# Il finto riscaldamento di Doumbia. Inter - Roma. Video.



## admin (27 Aprile 2015)

Nel corso di Inter - Roma 2-1, partita disputata il 25 Aprile 2015, Garcia ha mandato a scaldare, tra gli altri, anche l'attaccante Doumbia il quale, però, ha preso la cosa molto alla leggera. Il giocatore, ex Cska, ha fatto praticamente finta di svolgere il riscaldamento. E la cosa ha fatto infuriare, non poco, i tifosi della Roma.

Video qui in basso al secondo post


----------



## admin (27 Aprile 2015)




----------



## Milanforever26 (27 Aprile 2015)

Altro grande colpo del mago sabatini..


----------



## Jino (27 Aprile 2015)

Che professionalità!


----------



## Interista Diventi Pazzo (27 Aprile 2015)

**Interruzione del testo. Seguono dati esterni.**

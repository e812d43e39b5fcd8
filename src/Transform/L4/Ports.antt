-- ===== src/Transform/L4/Ports.antt =====
-- l4.rs: the ports of the listeners of the TCP or UDP routers.
use pangolin_gateway_api.Prelude.{
  ℕ, ◌≤◌, ◌≡◌, refl, true, false, ◌||◌, List, [], ◌∷◌, ◌++◌, Option, none, some, arith, Text,
  Bool-cases, inl, inr, All, All-append, is_some, ℤ, pos, ◌==ℤ◌, ==ℤ_iff, and_then, codes,
  parse_unsigned, strip_prefix,
}
use pangolin_gateway_api.Prelude.Decimal.{parse_unsigned_bound}
use pangolin_gateway_api.BTreeMap.{text_ord, get}
use pangolin_gateway_api.External.{External}
use pangolin_gateway_api.Config.{Config}
use pangolin_gateway_api.Pangolin.Types.{L4Config, L4Router}
use pangolin_gateway_api.Kube.Objects.{Listener}
use pangolin_gateway_api.Transform.Desired.{Desired}
use pangolin_gateway_api.Transform.Protocol.{L4Protocol, infix_of}
use pangolin_gateway_api.Transform.Backend.{BackendIndex, build_l4_backends}
use pangolin_gateway_api.Transform.Backend.Emit.{ResolvedBackend}
use pangolin_gateway_api.Transform.L4.{
  rule_is_supported, nonzero_port, parse_entrypoint_port, Claims, claimed_by, Claimed, collides,
  claim, add_port, add_entry_points, route_with, build_router, build_routers, nothing_claimed,
  build_l4,
}

-- The port is none of the ports before.
abbrev IsNew : ℤ → Listener → Type 0
IsNew port l = (l.port ==ℤ port) ≡ false

-- No two listeners share a port.
abbrev pub HasDistinctPorts : List Listener → Type 0
HasDistinctPorts [] = Unit {0}
HasDistinctPorts (l ∷ ls) = All (λ k. (l.port ==ℤ k.port) ≡ false) ls × HasDistinctPorts ls

HasDistinctPorts-append :
    (ls : List Listener) (k : Listener)
    → All (IsNew k.port) ls
    → HasDistinctPorts ls
    → HasDistinctPorts (ls ++ (k ∷ []))
HasDistinctPorts-append [] k n h = (tt, tt)
HasDistinctPorts-append (l ∷ ls) k (p, n) (q, h) = (
  All-append (λ j. (l.port ==ℤ j.port) ≡ false) ls (k ∷ []) q (p, tt),
  HasDistinctPorts-append ls k n h,
)

-- A TCP or UDP port.
pub record IsPort (port : ℤ) : Type 0 where
  pub number : ℕ
  pub is_number : port ≡ pos number
  pub positive : 1 ≤ number
  pub bounded : number ≤ 65535

-- A port that has a claim.
abbrev IsClaimed : Claims → Listener → Type 0
IsClaimed claims l = is_some (claimed_by l.port claims) ≡ true

IsClaimed-cons :
    (port : ℤ) (owner : Text) (claims : Claims) (ls : List Listener)
    → All (IsClaimed claims) ls
    → All (IsClaimed ((port, owner) ∷ claims)) ls
IsClaimed-cons port owner claims [] h = tt
IsClaimed-cons port owner claims (l ∷ ls) (p, h) = (
  unfold claimed_by in (elim (Bool-cases (port ==ℤ l.port)) [ inl e ↦ rw e refl | inr e ↦ rw e p ]),
  IsClaimed-cons port owner claims ls h,
)

unclaimed-IsNew :
    (port : ℤ) (claims : Claims) (ls : List Listener)
    → is_some (claimed_by port claims) ≡ false
    → All (IsClaimed claims) ls
    → All (IsNew port) ls
unclaimed-IsNew port claims [] e h = tt
unclaimed-IsNew port claims (l ∷ ls) e (p, h) = (
  elim (Bool-cases (l.port ==ℤ port)) [
    | inl q ↦ let same : l.port ≡ port = (==ℤ_iff l.port port).0 q in cc
    | inr q ↦ q
  ],
  unclaimed-IsNew port claims ls e h,
)

claimed_by_self :
    (port : ℤ) (owner : Text) (claims : Claims)
    → is_some (claimed_by port ((port, owner) ∷ claims)) ≡ true
unfolding claimed_by
claimed_by_self port owner claims = rw ((==ℤ_iff port port).1 refl) refl

nonzero_port-IsPort : (n : ℕ) (port : ℤ) → n ≤ 65535 → nonzero_port n ≡ some port → IsPort port
unfolding nonzero_port
nonzero_port-IsPort n port h e = record {
  number = n;
  is_number = ground arith;
  positive = ground arith;
  bounded = h;
}

parse_entrypoint_port-IsPort :
    (entrypoint : Text) (proto : L4Protocol) (port : ℤ)
    → parse_entrypoint_port entrypoint proto ≡ some port
    → IsPort port
unfolding parse_entrypoint_port
parse_entrypoint_port-IsPort entrypoint proto port e =
    go (and_then (strip_prefix (infix_of proto) entrypoint) (strip_prefix (codes "-"))) e
  where
    number :
        (s : Text) (found : Option ℕ)
        → parse_unsigned 65535 s ≡ found
        → and_then found nonzero_port ≡ some port
        → IsPort port
    number s none p q = cc
    number s (some n) p q = nonzero_port-IsPort n port (parse_unsigned_bound 65535 s n p) q

    go :
        (found : Option Text)
        → and_then found (λ rest. and_then (parse_unsigned 65535 rest) nonzero_port) ≡ some port
        → IsPort port
    go none q = cc
    go (some s) q = number s (parse_unsigned 65535 s) refl q

module _ (x : External) (cfg : Config) (proto : L4Protocol) where
  open x use {Value}

  -- A port in range that is none of the host listeners'.
  abbrev pub IsFree : Listener → Type 0
  IsFree l = IsPort l.port × (collides x cfg proto proto l.port ≡ false)

  record IsSound (c : Claimed) : Type 0 where
    free : All IsFree c.listeners
    distinct : HasDistinctPorts c.listeners
    claimed : All (IsClaimed c.claims) c.listeners

  claim-IsSound :
      (owner : Text) (port : ℤ) (c : Claimed)
      → IsPort port
      → collides x cfg proto proto port ≡ false
      → is_some (claimed_by port c.claims) ≡ false
      → IsSound c
      → IsSound (claim x cfg proto owner port c)
  unfolding claim
  claim-IsSound owner port c i e n h = record {
    free = All-append IsFree c.listeners _ h.free ((i, e), tt);
    distinct =
        HasDistinctPorts-append c.listeners _
          (unclaimed-IsNew port c.claims c.listeners n h.claimed) h.distinct;
    claimed =
        All-append (IsClaimed ((port, owner) ∷ c.claims)) c.listeners _
          (IsClaimed-cons port owner c.claims c.listeners h.claimed)
          (claimed_by_self port owner c.claims, tt);
  }

  add_port-IsSound :
      (owner : Text) (found : Option ℤ) (c : Claimed)
      → ((port : ℤ) → found ≡ some port → IsPort port)
      → IsSound c
      → IsSound (add_port x cfg proto owner found c)
  unfolding add_port
  add_port-IsSound owner none c i h = h
  add_port-IsSound owner (some port) c i h =
      elim (Bool-cases (collides x cfg proto proto port || is_some (claimed_by port c.claims))) [
        | inl e ↦ rw e h
        | inr e ↦ rw e (claim-IsSound owner port c (i port refl) (ground arith) (ground arith) h)
      ]

  add_entry_points-IsSound :
      (owner : Text) (eps : List Text) (c : Claimed)
      → IsSound c
      → IsSound (add_entry_points x cfg proto owner eps c)
  unfolding add_entry_points
  add_entry_points-IsSound owner [] c h = h
  add_entry_points-IsSound owner (ep ∷ eps) c h = add_entry_points-IsSound owner eps _ (
      add_port-IsSound owner (parse_entrypoint_port ep proto) c
        (parse_entrypoint_port-IsPort ep proto) h)

  route_with-IsSound :
      (name : Text) (router : L4Router Value) (found : Option ResolvedBackend)
      (acc : Claimed × Desired)
      → IsSound acc.0
      → IsSound (route_with x cfg proto name router found acc).0
  unfolding route_with
  route_with-IsSound name router none acc h = h
  route_with-IsSound name router (some backend) (c, desired) h =
      add_entry_points-IsSound name router.entry_points (record c { section_names = [] })
        (record { free = h.free; distinct = h.distinct; claimed = h.claimed })

  build_router-IsSound :
      (backends : BackendIndex) (name : Text) (router : L4Router Value) (acc : Claimed × Desired)
      → IsSound acc.0
      → IsSound (build_router x cfg proto backends name router acc).0
  build_router-IsSound backends name router acc h =
      elim (Bool-cases (rule_is_supported router proto)) [
        | inl e ↦
            unfold build_router in
            rw e (route_with-IsSound name router (get router.service backends) acc h)
        | inr e ↦ unfold build_router in rw e h
      ]

  build_routers-IsSound :
      (backends : BackendIndex) (routers : List (Text × L4Router Value)) (acc : Claimed × Desired)
      → IsSound acc.0
      → IsSound (build_routers x cfg proto backends routers acc).0
  unfolding build_routers
  build_routers-IsSound backends [] acc h = h
  build_routers-IsSound backends ((name, router) ∷ routers) acc h =
      build_routers-IsSound backends routers (build_router x cfg proto backends name router acc)
        (build_router-IsSound backends name router acc h)

  -- The listeners that `build_l4` makes for one protocol have pairwise different ports, each from 1
  -- to 65535, and a TCP listener's port is neither the HTTP nor the HTTPS port.
  pub build_l4-HasDistinctPorts :
      (l4 : L4Config Value) (desired : Desired)
      → HasDistinctPorts (build_l4 x cfg proto l4 desired).0
        × All IsFree (build_l4 x cfg proto l4 desired).0
  unfolding build_l4
  build_l4-HasDistinctPorts l4 desired =
      let h =
        build_routers-IsSound (build_l4_backends x cfg l4.services proto desired).0 l4.routers
          (nothing_claimed x cfg proto, (build_l4_backends x cfg l4.services proto desired).1)
          (record { free = tt; distinct = tt; claimed = tt }) in
      (h.distinct, h.free)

Ora si capiscono le prestazione in campo oscene che fa


----------



## Splendidi Incisivi (27 Aprile 2015)

Non capisco perché faccia così, eppure viene da annate molto positive col CSKA, quindi un brocco proprio non è.


----------



## BossKilla7 (27 Aprile 2015)

Admin ha scritto:


> Nel corso di Inter - Roma 2-1, partita disputata il 25 Aprile 2015, Garcia ha mandato a scaldare, tra gli altri, anche l'attaccante Doumbia il quale, però, ha preso la cosa molto alla leggera. Il giocatore, ex Cska, ha fatto praticamente finta di svolgere il riscaldamento. E la cosa ha fatto infuriare, non poco, i tifosi della Roma.
> 
> Video qui in basso al secondo post



Ahahahah, che cesso


----------



## Now i'm here (27 Aprile 2015)

e c'era gente che lo voleva al milan.


----------



## Superdinho80 (27 Aprile 2015)

Splendidi Incisivi ha scritto:


> Non capisco perché faccia così, eppure viene da annate molto positive col CSKA, quindi un brocco proprio non è.



infatti, adesso capisco perchè sta facendo cosi male, ma non riesco a capire, o vuole essere cacciato dalla roma o è scemo e basta


----------



## Renegade (27 Aprile 2015)

Splendidi Incisivi ha scritto:


> Non capisco perché faccia così, eppure viene da annate molto positive col CSKA, quindi un brocco proprio non è.





Superdinho80 ha scritto:


> infatti, adesso capisco perchè sta facendo cosi male, ma non riesco a capire, o vuole essere cacciato dalla roma o è scemo e basta



Quoto ogni parola. Difatti a differenza di Destro era pure un attaccante dinamico, veloce, da contropiede. E aveva una valutazione alta proprio in vista di quelle annate. Lo ricordo pure vicinissimo al Chelsea. Boh, davvero non comprendo quest'involuzione. Secondo me si tratta di condizione fisica. Un cesso non lo è e l'ha dimostrato, seppur non sia un campione.


----------



## Gianni23 (27 Aprile 2015)

Si ma poi che senso ha? Ci rimette lui in prima persona ad entrare in campo senza riscaldamento.


----------



## Mou (28 Aprile 2015)

Fisicamente è un catorcio, a livello professionale una testa matta, unisci le due cose e ottieni questo Doumbia. Ha fatto vedere buone cose in carriera ma questa Roma aveva bisogno di ben altro.


----------



## Aldo (28 Aprile 2015)

Si era riscaldato prima


----------



## Serginho (28 Aprile 2015)

Aldo ha scritto:


> Si era riscaldato prima



Sì, si trovava lì solo per guardare la partita da un'altra angolazione


----------